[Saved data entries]
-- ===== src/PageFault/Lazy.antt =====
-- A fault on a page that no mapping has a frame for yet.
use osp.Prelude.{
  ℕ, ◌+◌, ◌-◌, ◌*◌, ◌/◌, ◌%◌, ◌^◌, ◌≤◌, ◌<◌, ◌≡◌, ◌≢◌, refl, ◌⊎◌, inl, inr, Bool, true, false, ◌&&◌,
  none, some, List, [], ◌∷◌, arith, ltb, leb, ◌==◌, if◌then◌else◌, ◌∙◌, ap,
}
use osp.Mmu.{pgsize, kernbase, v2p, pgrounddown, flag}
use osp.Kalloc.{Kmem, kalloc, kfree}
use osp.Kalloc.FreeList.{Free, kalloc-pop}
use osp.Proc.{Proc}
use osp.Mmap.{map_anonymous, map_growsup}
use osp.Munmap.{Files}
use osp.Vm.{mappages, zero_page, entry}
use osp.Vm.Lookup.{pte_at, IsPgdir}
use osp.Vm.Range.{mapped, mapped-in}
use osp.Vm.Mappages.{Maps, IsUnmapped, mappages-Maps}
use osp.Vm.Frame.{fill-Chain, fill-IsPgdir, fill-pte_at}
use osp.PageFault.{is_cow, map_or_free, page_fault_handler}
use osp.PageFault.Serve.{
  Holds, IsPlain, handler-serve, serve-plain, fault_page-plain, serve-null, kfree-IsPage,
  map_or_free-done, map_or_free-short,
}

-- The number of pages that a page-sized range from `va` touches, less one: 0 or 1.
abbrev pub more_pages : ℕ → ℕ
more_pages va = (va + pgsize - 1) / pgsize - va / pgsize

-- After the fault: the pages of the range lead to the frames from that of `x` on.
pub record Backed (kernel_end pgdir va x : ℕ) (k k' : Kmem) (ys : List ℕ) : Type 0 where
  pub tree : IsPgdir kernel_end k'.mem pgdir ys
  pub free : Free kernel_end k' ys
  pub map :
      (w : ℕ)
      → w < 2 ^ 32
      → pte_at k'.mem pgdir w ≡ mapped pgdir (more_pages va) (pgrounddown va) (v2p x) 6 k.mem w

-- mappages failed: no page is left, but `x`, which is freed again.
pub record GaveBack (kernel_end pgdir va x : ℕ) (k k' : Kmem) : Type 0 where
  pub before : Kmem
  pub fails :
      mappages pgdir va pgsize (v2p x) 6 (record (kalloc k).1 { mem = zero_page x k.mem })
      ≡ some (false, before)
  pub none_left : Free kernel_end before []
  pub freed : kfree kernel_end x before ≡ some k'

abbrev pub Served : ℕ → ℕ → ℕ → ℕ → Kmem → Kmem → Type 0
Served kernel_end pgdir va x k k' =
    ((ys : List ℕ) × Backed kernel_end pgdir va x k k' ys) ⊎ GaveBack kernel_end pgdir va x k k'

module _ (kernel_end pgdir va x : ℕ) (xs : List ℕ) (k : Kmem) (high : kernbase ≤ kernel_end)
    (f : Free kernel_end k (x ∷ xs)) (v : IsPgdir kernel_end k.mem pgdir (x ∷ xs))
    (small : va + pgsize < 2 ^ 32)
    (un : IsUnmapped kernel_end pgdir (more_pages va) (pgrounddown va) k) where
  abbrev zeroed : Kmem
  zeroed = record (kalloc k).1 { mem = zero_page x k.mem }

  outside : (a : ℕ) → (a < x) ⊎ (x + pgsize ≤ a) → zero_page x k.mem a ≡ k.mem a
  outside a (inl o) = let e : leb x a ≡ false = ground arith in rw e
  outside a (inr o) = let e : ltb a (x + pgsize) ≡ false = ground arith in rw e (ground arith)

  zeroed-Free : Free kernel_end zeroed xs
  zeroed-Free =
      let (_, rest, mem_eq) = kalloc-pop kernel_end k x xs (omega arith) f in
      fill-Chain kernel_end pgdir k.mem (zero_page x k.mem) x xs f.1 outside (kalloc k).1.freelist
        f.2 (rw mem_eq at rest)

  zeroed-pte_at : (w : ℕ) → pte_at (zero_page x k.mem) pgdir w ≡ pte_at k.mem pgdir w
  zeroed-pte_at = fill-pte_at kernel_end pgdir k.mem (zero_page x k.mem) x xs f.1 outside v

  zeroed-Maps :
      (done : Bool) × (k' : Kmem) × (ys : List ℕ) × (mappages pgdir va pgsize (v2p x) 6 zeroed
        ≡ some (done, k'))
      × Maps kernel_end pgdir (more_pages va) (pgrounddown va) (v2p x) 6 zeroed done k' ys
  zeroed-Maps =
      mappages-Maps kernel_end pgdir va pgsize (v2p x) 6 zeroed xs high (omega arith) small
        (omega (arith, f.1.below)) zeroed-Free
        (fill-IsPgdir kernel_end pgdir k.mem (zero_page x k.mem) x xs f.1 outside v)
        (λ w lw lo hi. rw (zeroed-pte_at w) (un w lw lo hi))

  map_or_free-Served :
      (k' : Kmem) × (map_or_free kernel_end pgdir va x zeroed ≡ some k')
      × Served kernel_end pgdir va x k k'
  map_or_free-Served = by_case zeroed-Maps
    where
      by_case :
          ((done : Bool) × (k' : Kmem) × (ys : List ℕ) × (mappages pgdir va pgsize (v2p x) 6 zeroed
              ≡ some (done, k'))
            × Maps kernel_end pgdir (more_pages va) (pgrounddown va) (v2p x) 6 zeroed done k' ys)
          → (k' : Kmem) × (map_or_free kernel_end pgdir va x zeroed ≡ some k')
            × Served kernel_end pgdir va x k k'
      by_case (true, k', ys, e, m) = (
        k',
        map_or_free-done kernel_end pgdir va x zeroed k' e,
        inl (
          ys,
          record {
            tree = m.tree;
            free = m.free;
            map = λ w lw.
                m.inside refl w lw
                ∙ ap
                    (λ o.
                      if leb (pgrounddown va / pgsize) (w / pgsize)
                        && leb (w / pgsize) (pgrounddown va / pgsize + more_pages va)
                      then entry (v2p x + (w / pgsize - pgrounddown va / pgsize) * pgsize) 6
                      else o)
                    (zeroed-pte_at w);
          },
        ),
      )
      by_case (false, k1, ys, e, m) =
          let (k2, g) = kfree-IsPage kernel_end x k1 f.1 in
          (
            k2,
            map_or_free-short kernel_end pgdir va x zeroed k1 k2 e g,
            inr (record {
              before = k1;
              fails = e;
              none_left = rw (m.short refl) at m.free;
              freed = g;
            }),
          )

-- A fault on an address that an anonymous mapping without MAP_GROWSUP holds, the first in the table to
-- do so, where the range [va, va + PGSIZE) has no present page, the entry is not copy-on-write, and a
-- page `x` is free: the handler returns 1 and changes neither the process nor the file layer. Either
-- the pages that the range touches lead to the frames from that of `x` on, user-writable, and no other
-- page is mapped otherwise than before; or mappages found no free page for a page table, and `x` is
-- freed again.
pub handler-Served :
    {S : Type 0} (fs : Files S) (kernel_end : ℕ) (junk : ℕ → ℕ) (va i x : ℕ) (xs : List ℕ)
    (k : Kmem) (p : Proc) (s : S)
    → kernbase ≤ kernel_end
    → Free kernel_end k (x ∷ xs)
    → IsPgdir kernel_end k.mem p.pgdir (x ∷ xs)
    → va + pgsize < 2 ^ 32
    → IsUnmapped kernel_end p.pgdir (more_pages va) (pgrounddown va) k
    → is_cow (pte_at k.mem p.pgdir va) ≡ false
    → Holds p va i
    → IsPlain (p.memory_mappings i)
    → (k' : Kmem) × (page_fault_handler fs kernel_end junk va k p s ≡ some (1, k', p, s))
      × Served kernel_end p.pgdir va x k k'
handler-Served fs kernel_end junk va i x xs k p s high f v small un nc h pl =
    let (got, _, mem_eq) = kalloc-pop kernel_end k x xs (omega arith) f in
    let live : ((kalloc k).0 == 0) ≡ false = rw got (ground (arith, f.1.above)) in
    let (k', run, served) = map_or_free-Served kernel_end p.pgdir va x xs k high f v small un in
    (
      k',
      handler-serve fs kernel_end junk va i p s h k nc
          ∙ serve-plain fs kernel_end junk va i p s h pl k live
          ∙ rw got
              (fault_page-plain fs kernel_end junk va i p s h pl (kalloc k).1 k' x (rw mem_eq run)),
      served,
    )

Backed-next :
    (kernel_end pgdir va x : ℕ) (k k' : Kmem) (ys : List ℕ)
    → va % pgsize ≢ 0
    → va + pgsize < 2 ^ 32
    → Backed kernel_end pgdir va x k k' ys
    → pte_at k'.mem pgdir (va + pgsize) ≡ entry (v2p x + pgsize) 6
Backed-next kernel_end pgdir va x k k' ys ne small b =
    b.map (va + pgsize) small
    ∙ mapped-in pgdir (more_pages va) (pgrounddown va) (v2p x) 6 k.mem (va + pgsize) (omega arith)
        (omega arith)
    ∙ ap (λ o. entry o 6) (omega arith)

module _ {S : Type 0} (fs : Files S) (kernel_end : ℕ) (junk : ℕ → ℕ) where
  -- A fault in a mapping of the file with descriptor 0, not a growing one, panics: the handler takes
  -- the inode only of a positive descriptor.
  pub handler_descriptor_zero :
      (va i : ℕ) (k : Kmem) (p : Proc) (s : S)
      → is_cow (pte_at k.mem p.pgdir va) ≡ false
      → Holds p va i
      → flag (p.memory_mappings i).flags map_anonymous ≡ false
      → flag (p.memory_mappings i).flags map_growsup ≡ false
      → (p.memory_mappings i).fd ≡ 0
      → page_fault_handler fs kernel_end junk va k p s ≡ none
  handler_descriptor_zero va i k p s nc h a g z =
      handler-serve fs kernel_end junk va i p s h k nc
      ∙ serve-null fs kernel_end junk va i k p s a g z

* * *

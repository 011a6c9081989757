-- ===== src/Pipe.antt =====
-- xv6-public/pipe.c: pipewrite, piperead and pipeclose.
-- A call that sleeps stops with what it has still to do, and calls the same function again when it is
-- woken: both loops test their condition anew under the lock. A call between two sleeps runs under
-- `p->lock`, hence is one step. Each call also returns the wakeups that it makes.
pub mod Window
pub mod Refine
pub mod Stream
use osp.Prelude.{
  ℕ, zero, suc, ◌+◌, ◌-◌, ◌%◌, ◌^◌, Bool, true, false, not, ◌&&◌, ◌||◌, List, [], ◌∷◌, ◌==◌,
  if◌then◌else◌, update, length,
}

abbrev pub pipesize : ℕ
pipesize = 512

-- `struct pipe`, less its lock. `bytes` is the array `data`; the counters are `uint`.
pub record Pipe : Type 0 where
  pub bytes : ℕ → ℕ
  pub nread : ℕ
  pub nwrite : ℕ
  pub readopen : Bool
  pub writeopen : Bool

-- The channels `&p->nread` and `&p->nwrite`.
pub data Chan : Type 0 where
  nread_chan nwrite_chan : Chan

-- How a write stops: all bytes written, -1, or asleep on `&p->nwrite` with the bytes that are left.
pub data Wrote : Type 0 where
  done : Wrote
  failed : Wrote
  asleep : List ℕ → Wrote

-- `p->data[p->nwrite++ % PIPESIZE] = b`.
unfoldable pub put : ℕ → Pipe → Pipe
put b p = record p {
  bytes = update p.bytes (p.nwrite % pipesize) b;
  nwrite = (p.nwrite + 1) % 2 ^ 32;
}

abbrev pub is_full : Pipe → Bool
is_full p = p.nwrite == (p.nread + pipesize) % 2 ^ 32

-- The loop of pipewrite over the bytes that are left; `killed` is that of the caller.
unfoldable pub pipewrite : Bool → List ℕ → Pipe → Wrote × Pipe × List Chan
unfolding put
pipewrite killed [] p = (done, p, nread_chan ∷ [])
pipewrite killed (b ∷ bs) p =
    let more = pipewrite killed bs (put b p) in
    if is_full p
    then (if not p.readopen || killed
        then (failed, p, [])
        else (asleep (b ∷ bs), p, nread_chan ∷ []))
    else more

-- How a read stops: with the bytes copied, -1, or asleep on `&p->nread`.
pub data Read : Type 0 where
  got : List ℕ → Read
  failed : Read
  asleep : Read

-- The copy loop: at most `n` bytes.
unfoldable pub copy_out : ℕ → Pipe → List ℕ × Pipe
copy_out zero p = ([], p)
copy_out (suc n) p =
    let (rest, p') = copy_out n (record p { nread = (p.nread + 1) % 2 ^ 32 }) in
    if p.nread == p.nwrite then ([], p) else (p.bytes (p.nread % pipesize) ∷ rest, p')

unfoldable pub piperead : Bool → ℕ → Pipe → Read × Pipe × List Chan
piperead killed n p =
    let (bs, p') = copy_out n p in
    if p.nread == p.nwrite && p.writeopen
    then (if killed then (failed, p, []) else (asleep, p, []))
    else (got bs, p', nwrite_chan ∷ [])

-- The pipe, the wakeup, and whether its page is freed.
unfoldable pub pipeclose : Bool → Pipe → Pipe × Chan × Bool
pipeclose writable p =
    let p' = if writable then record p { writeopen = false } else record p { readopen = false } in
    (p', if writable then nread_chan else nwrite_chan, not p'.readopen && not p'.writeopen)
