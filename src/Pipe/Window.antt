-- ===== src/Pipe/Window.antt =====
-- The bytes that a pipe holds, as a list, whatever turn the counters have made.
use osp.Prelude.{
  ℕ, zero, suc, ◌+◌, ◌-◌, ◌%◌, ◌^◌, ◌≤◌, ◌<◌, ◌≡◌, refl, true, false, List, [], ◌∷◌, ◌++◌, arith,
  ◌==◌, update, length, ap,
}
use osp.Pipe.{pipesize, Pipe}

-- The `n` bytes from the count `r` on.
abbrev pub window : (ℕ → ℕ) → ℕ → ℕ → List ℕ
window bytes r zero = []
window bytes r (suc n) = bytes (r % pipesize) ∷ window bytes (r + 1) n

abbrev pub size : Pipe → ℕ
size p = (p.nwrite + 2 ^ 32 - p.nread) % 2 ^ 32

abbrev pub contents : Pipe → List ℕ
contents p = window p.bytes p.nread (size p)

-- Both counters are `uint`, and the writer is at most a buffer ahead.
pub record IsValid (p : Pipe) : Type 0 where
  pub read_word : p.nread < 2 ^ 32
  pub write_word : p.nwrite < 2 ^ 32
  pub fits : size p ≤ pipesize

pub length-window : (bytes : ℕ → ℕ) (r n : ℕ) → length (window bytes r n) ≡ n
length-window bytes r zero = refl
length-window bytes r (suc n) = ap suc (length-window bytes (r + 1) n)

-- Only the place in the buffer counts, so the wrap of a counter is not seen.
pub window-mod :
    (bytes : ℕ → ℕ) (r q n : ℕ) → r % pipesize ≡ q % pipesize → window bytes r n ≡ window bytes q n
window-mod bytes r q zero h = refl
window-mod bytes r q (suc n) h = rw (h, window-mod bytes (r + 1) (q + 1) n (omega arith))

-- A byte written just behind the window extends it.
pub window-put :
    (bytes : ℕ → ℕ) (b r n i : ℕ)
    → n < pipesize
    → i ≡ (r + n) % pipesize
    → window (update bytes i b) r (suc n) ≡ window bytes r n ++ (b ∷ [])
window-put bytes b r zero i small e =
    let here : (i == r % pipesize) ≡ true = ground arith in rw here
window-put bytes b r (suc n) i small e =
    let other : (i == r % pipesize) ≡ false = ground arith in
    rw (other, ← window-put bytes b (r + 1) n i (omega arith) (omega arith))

**Your objective:** All lines above from the line with "pipeclose writable p" through the line with "-- ===== src/Pipe/Window.antt", both included, are to be set down exactly, with nothing else.

**Completed exercise:**
pipeclose writable p =
    let p' = if writable then record p { writeopen = false } else record p { readopen = false } in
    (p', if writable then nread_chan else nwrite_chan, not p'.readopen && not p'.writeopen)
filename src/Pipe/Window.antt
-- ===== src/Pipe/Window.antt =====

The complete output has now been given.